Assignment:
Retype the data below, every word of it, exactly.

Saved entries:
^^^^^^^^

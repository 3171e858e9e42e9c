-- ===== src/App/Rebuild.antt =====
-- internal/app/rebuild.go: `Rebuild` and `Replay`, which read the ledger page by page.
pub mod Pages
use mathlib.Core.List.{append-nil}
use keelage.Prelude.{
  ℕ, zero, suc, ◌+◌, ◌-◌, ◌<◌, ◌≤◌, ◌≡◌, refl, sym, ap, ◌∙◌, Bool, true, false, ◌&&◌, ◌⊎◌, inl, inr,
  Option, none, some, Bool-cases, Option-cases, List, [], ◌∷◌, ◌++◌, length, length-append, is_nil,
  ltb, leb, if◌then◌else◌, arith,
}
use keelage.Core.Envelope.{Envelope}
use keelage.Ledger.Reads.{page, drop}
use keelage.App.Options.{Codec}

-- The errors of `Replay`, one for each `return`, and the end of the fuel.
pub data ReplayError : Type 0 where
  unread undecoded projection_failed out_of_fuel : ReplayError

-- `const page`.
abbrev pub page_size : ℕ
page_size = 500

-- What `Replay` returns, the last seq and the error, with the read models.
pub record Replayed (P : Type 0) : Type 0 where
  pub seq : ℕ
  pub error : Option ReplayError
  pub views : P

-- A projector's `Handle`: whether it succeeds, and the read models after it.
abbrev pub Handler : Type 0 → Type 0 → Type 0
Handler P E = P → Envelope → E → Bool × P

-- The projectors in turn, up to the first that fails.
unfoldable pub project_each : {P E : Type 0} → List (Handler P E) → P → Envelope → E → Bool × P
project_each [] views e ev = (true, views)
project_each (handle ∷ handlers) views e ev =
    let (fine, next) = handle views e ev in
    let rest = project_each handlers next e ev in if fine then rest else (false, next)

module _ {P E : Type 0} (codec : Codec E) (handlers : List (Handler P E)) where
  -- What follows the handling of one record: the rest of the batch, unless a projector failed.
  abbrev pub go_on : ℕ → ℕ → Bool × P → (P → Replayed P) → Replayed P
  go_on seq next (true, views) rest = rest views
  go_on seq next (false, views) rest = record {
    seq = seq;
    error = some ReplayError.projection_failed;
    views = views;
  }

  -- The loop over the records of a batch.
  unfoldable pub replay_batch : ℕ → P → List Envelope → Replayed P
  replay_batch seq views [] = record { seq = seq; error = none; views = views }
  replay_batch seq views (e ∷ es) = elim (codec.decode e.kind e.v e.body) [
    | none ↦ record { seq = seq; error = some ReplayError.undecoded; views = views }
    | some ev ↦
        go_on seq e.seq (project_each handlers views e ev) (λ next. replay_batch e.seq next es)
  ]

  -- The rest of `Replay` after a batch.
  abbrev pub after_batch : List Envelope → Replayed P → (ℕ → P → Replayed P) → Replayed P
  after_batch batch r rest = elim r.error [
    | some problem ↦ r
    | none ↦ if ltb (length batch) page_size then r else rest r.seq r.views
  ]

  -- `ReadAll` of the ledger, from a seq on and up to a limit; `none` is an error.
  module _ (read_all : ℕ → ℕ → Option (List Envelope)) where
    -- `Replay`, with fuel for its rounds.
    unfoldable pub replay_pages : ℕ → ℕ → P → Replayed P
    replay_pages zero seq views = record {
      seq = seq;
      error = some ReplayError.out_of_fuel;
      views = views;
    }
    replay_pages (suc fuel) seq views = elim (read_all (seq + 1) page_size) [
      | none ↦ record { seq = seq; error = some ReplayError.unread; views = views }
      | some batch ↦
          if is_nil batch
          then record { seq = seq; error = none; views = views }
          else after_batch batch (replay_batch seq views batch) (replay_pages fuel)
    ]

    -- `Rebuild`.
    unfoldable pub rebuild : ℕ → P → Replayed P
    unfolding replay_pages
    rebuild fuel views = replay_pages fuel 0 views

^^^^^^^^

Worked solution:
repository 3171e858e9e42e9c
-- ===== src/App/Rebuild.antt =====
-- internal/app/rebuild.go: `Rebuild` and `Replay`, which read the ledger page by page.
pub mod Pages
use mathlib.Core.List.{append-nil}
use keelage.Prelude.{
  ℕ, zero, suc, ◌+◌, ◌-◌, ◌<◌, ◌≤◌, ◌≡◌, refl, sym, ap, ◌∙◌, Bool, true, false, ◌&&◌, ◌⊎◌, inl, inr,
  Option, none, some, Bool-cases, Option-cases, List, [], ◌∷◌, ◌++◌, length, length-append, is_nil,
  ltb, leb, if◌then◌else◌, arith,
}
use keelage.Core.Envelope.{Envelope}
use keelage.Ledger.Reads.{page, drop}
use keelage.App.Options.{Codec}

-- The errors of `Replay`, one for each `return`, and the end of the fuel.
pub data ReplayError : Type 0 where
  unread undecoded projection_failed out_of_fuel : ReplayError

-- `const page`.
abbrev pub page_size : ℕ
page_size = 500

-- What `Replay` returns, the last seq and the error, with the read models.
pub record Replayed (P : Type 0) : Type 0 where
  pub seq : ℕ
  pub error : Option ReplayError
  pub views : P

-- A projector's `Handle`: whether it succeeds, and the read models after it.
abbrev pub Handler : Type 0 → Type 0 → Type 0
Handler P E = P → Envelope → E → Bool × P

-- The projectors in turn, up to the first that fails.
unfoldable pub project_each : {P E : Type 0} → List (Handler P E) → P → Envelope → E → Bool × P
project_each [] views e ev = (true, views)
project_each (handle ∷ handlers) views e ev =
    let (fine, next) = handle views e ev in
    let rest = project_each handlers next e ev in if fine then rest else (false, next)

module _ {P E : Type 0} (codec : Codec E) (handlers : List (Handler P E)) where
  -- What follows the handling of one record: the rest of the batch, unless a projector failed.
  abbrev pub go_on : ℕ → ℕ → Bool × P → (P → Replayed P) → Replayed P
  go_on seq next (true, views) rest = rest views
  go_on seq next (false, views) rest = record {
    seq = seq;
    error = some ReplayError.projection_failed;
    views = views;
  }

  -- The loop over the records of a batch.
  unfoldable pub replay_batch : ℕ → P → List Envelope → Replayed P
  replay_batch seq views [] = record { seq = seq; error = none; views = views }
  replay_batch seq views (e ∷ es) = elim (codec.decode e.kind e.v e.body) [
    | none ↦ record { seq = seq; error = some ReplayError.undecoded; views = views }
    | some ev ↦
        go_on seq e.seq (project_each handlers views e ev) (λ next. replay_batch e.seq next es)
  ]

  -- The rest of `Replay` after a batch.
  abbrev pub after_batch : List Envelope → Replayed P → (ℕ → P → Replayed P) → Replayed P
  after_batch batch r rest = elim r.error [
    | some problem ↦ r
    | none ↦ if ltb (length batch) page_size then r else rest r.seq r.views
  ]

  -- `ReadAll` of the ledger, from a seq on and up to a limit; `none` is an error.
  module _ (read_all : ℕ → ℕ → Option (List Envelope)) where
    -- `Replay`, with fuel for its rounds.
    unfoldable pub replay_pages : ℕ → ℕ → P → Replayed P
    replay_pages zero seq views = record {
      seq = seq;
      error = some ReplayError.out_of_fuel;
      views = views;
    }
    replay_pages (suc fuel) seq views = elim (read_all (seq + 1) page_size) [
      | none ↦ record { seq = seq; error = some ReplayError.unread; views = views }
      | some batch ↦
          if is_nil batch
          then record { seq = seq; error = none; views = views }
          else after_batch batch (replay_batch seq views batch) (replay_pages fuel)
    ]

    -- `Rebuild`.
    unfoldable pub rebuild : ℕ → P → Replayed P
    unfolding replay_pages
    rebuild fuel views = replay_pages fuel 0 views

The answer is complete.